> **Task prompt**: Take the data below and copy exactly the lines starting at the one with "unfoldable pub run_s_andn2_wrexec_b64" and finishing at the one with "unfoldable pub run_s_nor_saveexec_b64", both included.

> **Records shown**:

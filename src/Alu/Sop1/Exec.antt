-- ===== src/Alu/Sop1/Exec.antt =====
-- alu_sop1.cpp: instructions that replace the EXEC mask. `saveexec` stores the old mask and `wrexec`
-- the new one.
use red_o_lator.Base.{ℕ, bit_and, bit_or, bit_xor, bit_not, ◌!=◌}
use red_o_lator.Wavefront.States.{WfStateSop1}

abbrev save_exec : WfStateSop1 → ℕ → WfStateSop1
save_exec state exec = record state { sdst = state.exec; exec = exec; scc = exec != 0 }

abbrev write_exec : WfStateSop1 → ℕ → WfStateSop1
write_exec state exec = record state { sdst = exec; exec = exec; scc = exec != 0 }

unfoldable pub run_s_and_saveexec_b64 : WfStateSop1 → WfStateSop1
run_s_and_saveexec_b64 state = save_exec state (bit_and state.ssrc0 state.exec)

unfoldable pub run_s_andn1_saveexec_b64 : WfStateSop1 → WfStateSop1
run_s_andn1_saveexec_b64 state = save_exec state (bit_and (bit_not 64 state.ssrc0) state.exec)

unfoldable pub run_s_andn1_wrexec_b64 : WfStateSop1 → WfStateSop1
run_s_andn1_wrexec_b64 state = write_exec state (bit_and (bit_not 64 state.ssrc0) state.exec)

unfoldable pub run_s_andn2_saveexec_b64 : WfStateSop1 → WfStateSop1
run_s_andn2_saveexec_b64 state = save_exec state (bit_and state.ssrc0 (bit_not 64 state.exec))

unfoldable pub run_s_andn2_wrexec_b64 : WfStateSop1 → WfStateSop1
run_s_andn2_wrexec_b64 state = write_exec state (bit_and state.ssrc0 (bit_not 64 state.exec))

unfoldable pub run_s_nand_saveexec_b64 : WfStateSop1 → WfStateSop1
run_s_nand_saveexec_b64 state = save_exec state (bit_not 64 (bit_and state.ssrc0 state.exec))

unfoldable pub run_s_nor_saveexec_b64 : WfStateSop1 → WfStateSop1
run_s_nor_saveexec_b64 state = save_exec state (bit_not 64 (bit_or state.ssrc0 state.exec))

unfoldable pub run_s_or_saveexec_b64 : WfStateSop1 → WfStateSop1
run_s_or_saveexec_b64 state = save_exec state (bit_or state.ssrc0 state.exec)

unfoldable pub run_s_orn2_saveexec_b64 : WfStateSop1 → WfStateSop1
run_s_orn2_saveexec_b64 state = save_exec state (bit_and (bit_not 64 state.ssrc0) state.exec)

unfoldable pub run_s_xnor_saveexec_b64 : WfStateSop1 → WfStateSop1
run_s_xnor_saveexec_b64 state = save_exec state (bit_not 64 (bit_xor state.ssrc0 state.exec))

unfoldable pub run_s_xor_saveexec_b64 : WfStateSop1 → WfStateSop1
run_s_xor_saveexec_b64 state = save_exec state (bit_xor state.ssrc0 state.exec)
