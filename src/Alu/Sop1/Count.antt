-- ===== src/Alu/Sop1/Count.antt =====
-- alu_sop1.cpp: absolute value, bit counts and searches for a bit.
use red_o_lator.Base.{
  ℕ, ◌-◌, Option, none, some, u32, u64, ◌<<<◌, of_int, to_int, i32, i64, pos, negsuc, ◌-ℤ◌, ltb_ℤ,
  leb_ℤ, bit_and, bit_not, ◌!=◌, ◌==◌, if◌then◌else◌, find_up, find_down,
}
use red_o_lator.Util.{bit_count32, bit_count64}
use red_o_lator.Wavefront.States.{WfStateSop1}

unfoldable pub run_s_abs_i32 : WfStateSop1 → WfStateSop1
unfolding ◌-ℤ◌
run_s_abs_i32 state =
    let src0 = i32 state.ssrc0 in
    let magnitude = if ltb_ℤ src0 (pos 0) then to_int 32 (of_int 32 (pos 0 -ℤ src0)) else src0 in
    let sdst = bit_and (of_int 64 magnitude) 0xffffffff in
    record state { sdst = sdst; scc = sdst != 0 }

unfoldable pub run_s_bcnt0_i32_b32 : WfStateSop1 → WfStateSop1
unfolding bit_count32
run_s_bcnt0_i32_b32 state =
    let sdst = bit_count32 (bit_not 32 (u32 state.ssrc0)) in
    record state { sdst = sdst; scc = sdst != 0 }

unfoldable pub run_s_bcnt0_i32_b64 : WfStateSop1 → WfStateSop1
unfolding bit_count64
run_s_bcnt0_i32_b64 state =
    let sdst = bit_count64 (bit_not 64 state.ssrc0) in record state { sdst = sdst; scc = sdst != 0 }

unfoldable pub run_s_bcnt1_i32_b32 : WfStateSop1 → WfStateSop1
unfolding bit_count32
run_s_bcnt1_i32_b32 state =
    let sdst = bit_count32 (u32 state.ssrc0) in record state { sdst = sdst; scc = sdst != 0 }

unfoldable pub run_s_bcnt1_i32_b64 : WfStateSop1 → WfStateSop1
unfolding bit_count64
run_s_bcnt1_i32_b64 state =
    let sdst = bit_count64 state.ssrc0 in record state { sdst = sdst; scc = sdst != 0 }

-- `int32_t(-1)` where the loop finds nothing: kept to 32 bits, or widened to 64.
abbrev pub found_or : ℕ → Option ℕ → ℕ
found_or default none = default
found_or default (some i) = i

unfoldable pub run_s_ff0_i32_b32 : WfStateSop1 → WfStateSop1
unfolding find_up
run_s_ff0_i32_b32 state =
    let found = find_up 32 0 (λ i. bit_and (1 <<< i) (u32 state.ssrc0) == 0) in
    record state { sdst = bit_and (found_or (of_int 32 (negsuc 0)) found) 0xffffffff }

unfoldable pub run_s_ff0_i32_b64 : WfStateSop1 → WfStateSop1
unfolding find_up
run_s_ff0_i32_b64 state =
    let found = find_up 64 0 (λ i. bit_and (1 <<< i) state.ssrc0 == 0) in
    record state { sdst = found_or (of_int 64 (negsuc 0)) found }

unfoldable pub run_s_ff1_i32_b32 : WfStateSop1 → WfStateSop1
unfolding find_up
run_s_ff1_i32_b32 state =
    let found = find_up 32 0 (λ i. bit_and (1 <<< i) (u32 state.ssrc0) != 0) in
    record state { sdst = bit_and (found_or (of_int 32 (negsuc 0)) found) 0xffffffff }

unfoldable pub run_s_ff1_i32_b64 : WfStateSop1 → WfStateSop1
unfolding find_up
run_s_ff1_i32_b64 state =
    let found = find_up 64 0 (λ i. bit_and (1 <<< i) state.ssrc0 != 0) in
    record state { sdst = found_or (of_int 64 (negsuc 0)) found }

-- The index counts from the top: `31 - i`.
abbrev pub from_top : ℕ → Option ℕ → Option ℕ
from_top top none = none
from_top top (some i) = some (top - i)

unfoldable pub run_s_flbit_i32_b32 : WfStateSop1 → WfStateSop1
unfolding find_down
run_s_flbit_i32_b32 state =
    let found = find_down 32 (λ i. bit_and (1 <<< i) (u32 state.ssrc0) != 0) in
    record state { sdst = bit_and (found_or (of_int 32 (negsuc 0)) (from_top 31 found)) 0xffffffff }

unfoldable pub run_s_flbit_i32_b64 : WfStateSop1 → WfStateSop1
unfolding find_down
run_s_flbit_i32_b64 state =
    let found = find_down 64 (λ i. bit_and (1 <<< i) state.ssrc0 != 0) in
    record state { sdst = found_or (of_int 64 (negsuc 0)) (from_top 63 found) }

unfoldable pub run_s_flbit_i32 : WfStateSop1 → WfStateSop1
unfolding find_down
run_s_flbit_i32 state =
    let bitval = if leb_ℤ (pos 0) (i32 state.ssrc0) then 1 else 0 in
    let found = find_down 32 (λ i. bit_and (1 <<< i) (u32 state.ssrc0) == u32 (bitval <<< i)) in
    record state { sdst = bit_and (found_or (of_int 32 (negsuc 0)) (from_top 31 found)) 0xffffffff }

unfoldable pub run_s_flbit_i32_i64 : WfStateSop1 → WfStateSop1
unfolding find_down
run_s_flbit_i32_i64 state =
    let bitval = if leb_ℤ (pos 0) (i64 state.ssrc0) then 1 else 0 in
    let found = find_down 64 (λ i. bit_and (1 <<< i) state.ssrc0 == u64 (bitval <<< i)) in
    record state { sdst = found_or (of_int 64 (negsuc 0)) (from_top 63 found) }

> **Task solution**:
unfoldable pub run_s_andn2_wrexec_b64 : WfStateSop1 → WfStateSop1
run_s_andn2_wrexec_b64 state = write_exec state (bit_and state.ssrc0 (bit_not 64 state.exec))

unfoldable pub run_s_nand_saveexec_b64 : WfStateSop1 → WfStateSop1
run_s_nand_saveexec_b64 state = save_exec state (bit_not 64 (bit_and state.ssrc0 state.exec))

unfoldable pub run_s_nor_saveexec_b64 : WfStateSop1 → WfStateSop1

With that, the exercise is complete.